* **TASK**:
When you reach the line with "(if is_empty (trim_space push_url)" in the listing below, transcribe it and each line after it up to and including the line with "fetch_if repository_path (ok true)", exactly and with nothing else.

* **MATERIAL FOR THIS TASK**:
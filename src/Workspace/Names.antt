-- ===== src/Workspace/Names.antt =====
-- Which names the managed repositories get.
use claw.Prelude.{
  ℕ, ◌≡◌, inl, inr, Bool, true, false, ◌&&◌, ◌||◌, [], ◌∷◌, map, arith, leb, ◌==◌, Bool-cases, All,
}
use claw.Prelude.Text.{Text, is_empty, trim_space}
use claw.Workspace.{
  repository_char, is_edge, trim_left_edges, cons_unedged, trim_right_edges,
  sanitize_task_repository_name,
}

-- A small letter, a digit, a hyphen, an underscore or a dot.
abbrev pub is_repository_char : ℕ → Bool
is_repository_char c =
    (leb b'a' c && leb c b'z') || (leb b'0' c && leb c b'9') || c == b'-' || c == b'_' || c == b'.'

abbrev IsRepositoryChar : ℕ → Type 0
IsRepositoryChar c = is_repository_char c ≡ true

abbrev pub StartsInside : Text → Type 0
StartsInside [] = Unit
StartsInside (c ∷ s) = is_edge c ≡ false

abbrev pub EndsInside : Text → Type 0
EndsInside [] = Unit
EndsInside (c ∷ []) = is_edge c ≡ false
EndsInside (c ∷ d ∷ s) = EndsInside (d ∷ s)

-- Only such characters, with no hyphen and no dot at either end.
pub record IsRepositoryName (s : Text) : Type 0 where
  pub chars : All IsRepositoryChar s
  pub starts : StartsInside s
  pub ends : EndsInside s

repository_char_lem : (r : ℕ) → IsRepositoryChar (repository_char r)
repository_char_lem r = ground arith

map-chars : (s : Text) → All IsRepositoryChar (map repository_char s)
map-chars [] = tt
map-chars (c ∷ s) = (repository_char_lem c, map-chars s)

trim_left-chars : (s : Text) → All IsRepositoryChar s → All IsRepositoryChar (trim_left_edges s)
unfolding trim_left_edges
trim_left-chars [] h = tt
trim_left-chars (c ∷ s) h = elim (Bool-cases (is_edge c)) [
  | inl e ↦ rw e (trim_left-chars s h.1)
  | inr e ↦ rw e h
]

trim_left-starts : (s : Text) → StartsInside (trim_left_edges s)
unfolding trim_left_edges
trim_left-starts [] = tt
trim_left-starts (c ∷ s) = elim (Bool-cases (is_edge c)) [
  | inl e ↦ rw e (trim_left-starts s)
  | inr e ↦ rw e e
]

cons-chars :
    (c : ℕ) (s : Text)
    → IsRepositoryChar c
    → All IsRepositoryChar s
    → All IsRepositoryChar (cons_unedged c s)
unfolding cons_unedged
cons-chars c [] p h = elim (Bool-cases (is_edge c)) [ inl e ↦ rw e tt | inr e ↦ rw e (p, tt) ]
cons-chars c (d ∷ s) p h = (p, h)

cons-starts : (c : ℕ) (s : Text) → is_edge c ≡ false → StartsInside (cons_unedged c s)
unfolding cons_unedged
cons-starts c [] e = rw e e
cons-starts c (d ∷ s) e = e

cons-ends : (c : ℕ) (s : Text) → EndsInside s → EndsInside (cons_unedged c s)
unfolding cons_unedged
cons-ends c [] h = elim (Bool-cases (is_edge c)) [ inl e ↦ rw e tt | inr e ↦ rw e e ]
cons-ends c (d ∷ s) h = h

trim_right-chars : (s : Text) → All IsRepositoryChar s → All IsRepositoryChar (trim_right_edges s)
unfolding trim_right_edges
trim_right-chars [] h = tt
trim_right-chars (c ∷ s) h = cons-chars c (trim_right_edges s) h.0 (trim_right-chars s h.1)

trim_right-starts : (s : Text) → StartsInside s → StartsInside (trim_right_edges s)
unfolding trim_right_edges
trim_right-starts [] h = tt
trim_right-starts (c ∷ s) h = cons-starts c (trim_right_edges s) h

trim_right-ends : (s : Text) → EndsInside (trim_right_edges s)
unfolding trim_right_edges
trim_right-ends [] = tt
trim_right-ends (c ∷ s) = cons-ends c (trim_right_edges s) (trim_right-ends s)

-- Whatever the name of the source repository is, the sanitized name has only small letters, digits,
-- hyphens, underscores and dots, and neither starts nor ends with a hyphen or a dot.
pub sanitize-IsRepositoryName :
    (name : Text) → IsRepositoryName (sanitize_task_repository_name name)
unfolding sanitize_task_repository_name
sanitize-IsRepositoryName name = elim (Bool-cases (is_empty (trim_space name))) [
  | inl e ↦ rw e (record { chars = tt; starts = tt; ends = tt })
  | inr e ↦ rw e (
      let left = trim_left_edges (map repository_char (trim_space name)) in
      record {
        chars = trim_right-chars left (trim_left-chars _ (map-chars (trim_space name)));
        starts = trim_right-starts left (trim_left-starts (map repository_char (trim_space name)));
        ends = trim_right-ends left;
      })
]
...
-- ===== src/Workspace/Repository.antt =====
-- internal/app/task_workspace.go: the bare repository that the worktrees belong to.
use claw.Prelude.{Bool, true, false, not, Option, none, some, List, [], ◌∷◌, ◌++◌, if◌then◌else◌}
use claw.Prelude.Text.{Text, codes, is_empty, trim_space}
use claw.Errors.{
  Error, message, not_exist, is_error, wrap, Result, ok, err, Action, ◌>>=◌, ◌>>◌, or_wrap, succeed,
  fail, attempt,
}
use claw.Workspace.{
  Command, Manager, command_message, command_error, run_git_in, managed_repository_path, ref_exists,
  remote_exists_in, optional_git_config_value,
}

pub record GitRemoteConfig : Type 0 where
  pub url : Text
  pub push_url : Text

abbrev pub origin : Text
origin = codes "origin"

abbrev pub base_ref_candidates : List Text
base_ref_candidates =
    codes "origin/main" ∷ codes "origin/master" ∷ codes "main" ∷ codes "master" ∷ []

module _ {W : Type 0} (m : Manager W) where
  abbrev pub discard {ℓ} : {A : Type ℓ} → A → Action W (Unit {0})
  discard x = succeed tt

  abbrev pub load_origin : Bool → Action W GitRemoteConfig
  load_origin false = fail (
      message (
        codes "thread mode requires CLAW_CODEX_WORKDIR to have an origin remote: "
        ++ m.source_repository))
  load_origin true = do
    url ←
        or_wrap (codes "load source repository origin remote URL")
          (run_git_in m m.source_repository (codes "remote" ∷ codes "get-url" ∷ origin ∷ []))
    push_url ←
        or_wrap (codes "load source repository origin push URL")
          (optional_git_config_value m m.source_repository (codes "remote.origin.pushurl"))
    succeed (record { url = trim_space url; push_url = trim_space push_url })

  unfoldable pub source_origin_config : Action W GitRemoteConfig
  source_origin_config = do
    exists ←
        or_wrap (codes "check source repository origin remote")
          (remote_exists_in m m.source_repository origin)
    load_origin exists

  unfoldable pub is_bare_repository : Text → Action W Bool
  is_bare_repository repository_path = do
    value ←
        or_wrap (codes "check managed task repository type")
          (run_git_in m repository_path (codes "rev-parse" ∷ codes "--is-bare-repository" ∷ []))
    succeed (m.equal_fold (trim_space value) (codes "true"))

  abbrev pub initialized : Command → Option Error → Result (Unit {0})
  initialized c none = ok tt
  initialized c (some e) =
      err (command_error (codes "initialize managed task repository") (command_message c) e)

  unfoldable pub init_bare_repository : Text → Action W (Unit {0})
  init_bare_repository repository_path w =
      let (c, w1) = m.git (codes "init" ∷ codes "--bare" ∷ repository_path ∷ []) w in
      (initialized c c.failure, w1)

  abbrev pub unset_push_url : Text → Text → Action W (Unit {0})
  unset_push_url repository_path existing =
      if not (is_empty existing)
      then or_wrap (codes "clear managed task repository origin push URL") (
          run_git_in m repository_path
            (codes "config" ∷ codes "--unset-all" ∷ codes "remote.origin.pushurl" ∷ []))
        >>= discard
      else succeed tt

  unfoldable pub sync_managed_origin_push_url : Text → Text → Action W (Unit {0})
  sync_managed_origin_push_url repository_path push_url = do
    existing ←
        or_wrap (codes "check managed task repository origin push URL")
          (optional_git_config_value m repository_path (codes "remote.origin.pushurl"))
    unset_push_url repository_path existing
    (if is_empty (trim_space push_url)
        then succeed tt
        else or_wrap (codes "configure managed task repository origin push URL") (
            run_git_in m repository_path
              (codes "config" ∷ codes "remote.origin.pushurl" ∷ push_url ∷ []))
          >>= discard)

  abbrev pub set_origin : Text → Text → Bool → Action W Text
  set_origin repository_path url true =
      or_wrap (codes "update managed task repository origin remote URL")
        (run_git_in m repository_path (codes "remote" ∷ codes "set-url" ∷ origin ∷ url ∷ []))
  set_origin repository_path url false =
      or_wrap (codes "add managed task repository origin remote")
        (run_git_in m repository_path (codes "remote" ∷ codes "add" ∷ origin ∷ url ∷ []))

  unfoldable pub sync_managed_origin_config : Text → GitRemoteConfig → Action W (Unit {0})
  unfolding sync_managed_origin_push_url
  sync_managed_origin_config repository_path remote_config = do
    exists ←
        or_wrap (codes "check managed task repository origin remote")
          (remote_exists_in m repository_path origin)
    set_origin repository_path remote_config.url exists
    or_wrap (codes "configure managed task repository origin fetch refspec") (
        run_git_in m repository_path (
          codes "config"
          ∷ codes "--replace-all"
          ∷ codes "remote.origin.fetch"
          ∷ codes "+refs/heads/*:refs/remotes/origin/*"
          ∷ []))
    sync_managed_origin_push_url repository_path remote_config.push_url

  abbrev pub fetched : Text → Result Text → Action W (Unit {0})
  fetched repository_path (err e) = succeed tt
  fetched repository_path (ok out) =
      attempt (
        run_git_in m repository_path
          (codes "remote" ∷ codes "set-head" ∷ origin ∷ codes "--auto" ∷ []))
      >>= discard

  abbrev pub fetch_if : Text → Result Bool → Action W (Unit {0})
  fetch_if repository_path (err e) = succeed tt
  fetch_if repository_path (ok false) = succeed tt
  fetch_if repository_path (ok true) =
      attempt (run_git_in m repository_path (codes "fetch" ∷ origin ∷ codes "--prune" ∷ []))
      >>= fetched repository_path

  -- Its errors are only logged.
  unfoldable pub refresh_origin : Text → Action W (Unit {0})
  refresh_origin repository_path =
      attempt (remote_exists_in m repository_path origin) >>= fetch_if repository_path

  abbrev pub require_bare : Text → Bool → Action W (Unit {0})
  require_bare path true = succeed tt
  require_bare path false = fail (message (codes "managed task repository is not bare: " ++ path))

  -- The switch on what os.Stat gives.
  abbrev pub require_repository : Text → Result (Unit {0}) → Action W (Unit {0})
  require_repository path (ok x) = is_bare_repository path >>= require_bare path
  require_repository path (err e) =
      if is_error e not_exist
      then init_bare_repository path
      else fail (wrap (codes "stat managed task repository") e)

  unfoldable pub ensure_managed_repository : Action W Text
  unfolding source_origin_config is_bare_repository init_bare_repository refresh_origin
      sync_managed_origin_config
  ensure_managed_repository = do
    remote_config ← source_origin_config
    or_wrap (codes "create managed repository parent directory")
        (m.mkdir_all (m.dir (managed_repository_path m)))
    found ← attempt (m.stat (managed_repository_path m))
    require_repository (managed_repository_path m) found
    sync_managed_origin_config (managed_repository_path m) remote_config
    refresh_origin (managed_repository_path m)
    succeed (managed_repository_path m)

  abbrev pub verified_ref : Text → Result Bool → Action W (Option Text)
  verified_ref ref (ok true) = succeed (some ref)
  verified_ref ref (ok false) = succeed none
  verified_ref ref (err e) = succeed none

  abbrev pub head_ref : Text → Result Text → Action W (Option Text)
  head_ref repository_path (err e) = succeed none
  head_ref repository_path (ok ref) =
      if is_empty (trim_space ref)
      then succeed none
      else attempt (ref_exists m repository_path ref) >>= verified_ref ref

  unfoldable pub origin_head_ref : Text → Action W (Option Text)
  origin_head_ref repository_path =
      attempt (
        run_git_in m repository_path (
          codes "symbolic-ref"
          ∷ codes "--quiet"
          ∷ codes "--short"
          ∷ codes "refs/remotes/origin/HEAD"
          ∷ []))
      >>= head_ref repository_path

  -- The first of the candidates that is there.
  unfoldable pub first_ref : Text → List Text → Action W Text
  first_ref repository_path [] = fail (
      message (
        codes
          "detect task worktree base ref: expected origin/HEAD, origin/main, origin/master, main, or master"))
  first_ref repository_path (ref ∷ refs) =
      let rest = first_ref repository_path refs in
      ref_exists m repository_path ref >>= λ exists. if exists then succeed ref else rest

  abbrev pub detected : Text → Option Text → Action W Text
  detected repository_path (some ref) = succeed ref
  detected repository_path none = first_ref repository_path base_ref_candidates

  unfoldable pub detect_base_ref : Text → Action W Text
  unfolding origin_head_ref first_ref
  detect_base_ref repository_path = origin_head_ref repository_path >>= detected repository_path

* **RESPONSE AREA**:
    (if is_empty (trim_space push_url)
        then succeed tt
        else or_wrap (codes "configure managed task repository origin push URL") (
            run_git_in m repository_path
              (codes "config" ∷ codes "remote.origin.pushurl" ∷ push_url ∷ []))
          >>= discard)

  abbrev pub set_origin : Text → Text → Bool → Action W Text
  set_origin repository_path url true =
      or_wrap (codes "update managed task repository origin remote URL")
        (run_git_in m repository_path (codes "remote" ∷ codes "set-url" ∷ origin ∷ url ∷ []))
  set_origin repository_path url false =
      or_wrap (codes "add managed task repository origin remote")
        (run_git_in m repository_path (codes "remote" ∷ codes "add" ∷ origin ∷ url ∷ []))

  unfoldable pub sync_managed_origin_config : Text → GitRemoteConfig → Action W (Unit {0})
  unfolding sync_managed_origin_push_url
  sync_managed_origin_config repository_path remote_config = do
    exists ←
        or_wrap (codes "check managed task repository origin remote")
          (remote_exists_in m repository_path origin)
    set_origin repository_path remote_config.url exists
    or_wrap (codes "configure managed task repository origin fetch refspec") (
        run_git_in m repository_path (
          codes "config"
          ∷ codes "--replace-all"
          ∷ codes "remote.origin.fetch"
          ∷ codes "+refs/heads/*:refs/remotes/origin/*"
          ∷ []))
    sync_managed_origin_push_url repository_path remote_config.push_url

  abbrev pub fetched : Text → Result Text → Action W (Unit {0})
  fetched repository_path (err e) = succeed tt
  fetched repository_path (ok out) =
      attempt (
        run_git_in m repository_path
          (codes "remote" ∷ codes "set-head" ∷ origin ∷ codes "--auto" ∷ []))
      >>= discard

  abbrev pub fetch_if : Text → Result Bool → Action W (Unit {0})
  fetch_if repository_path (err e) = succeed tt
  fetch_if repository_path (ok false) = succeed tt
  fetch_if repository_path (ok true) =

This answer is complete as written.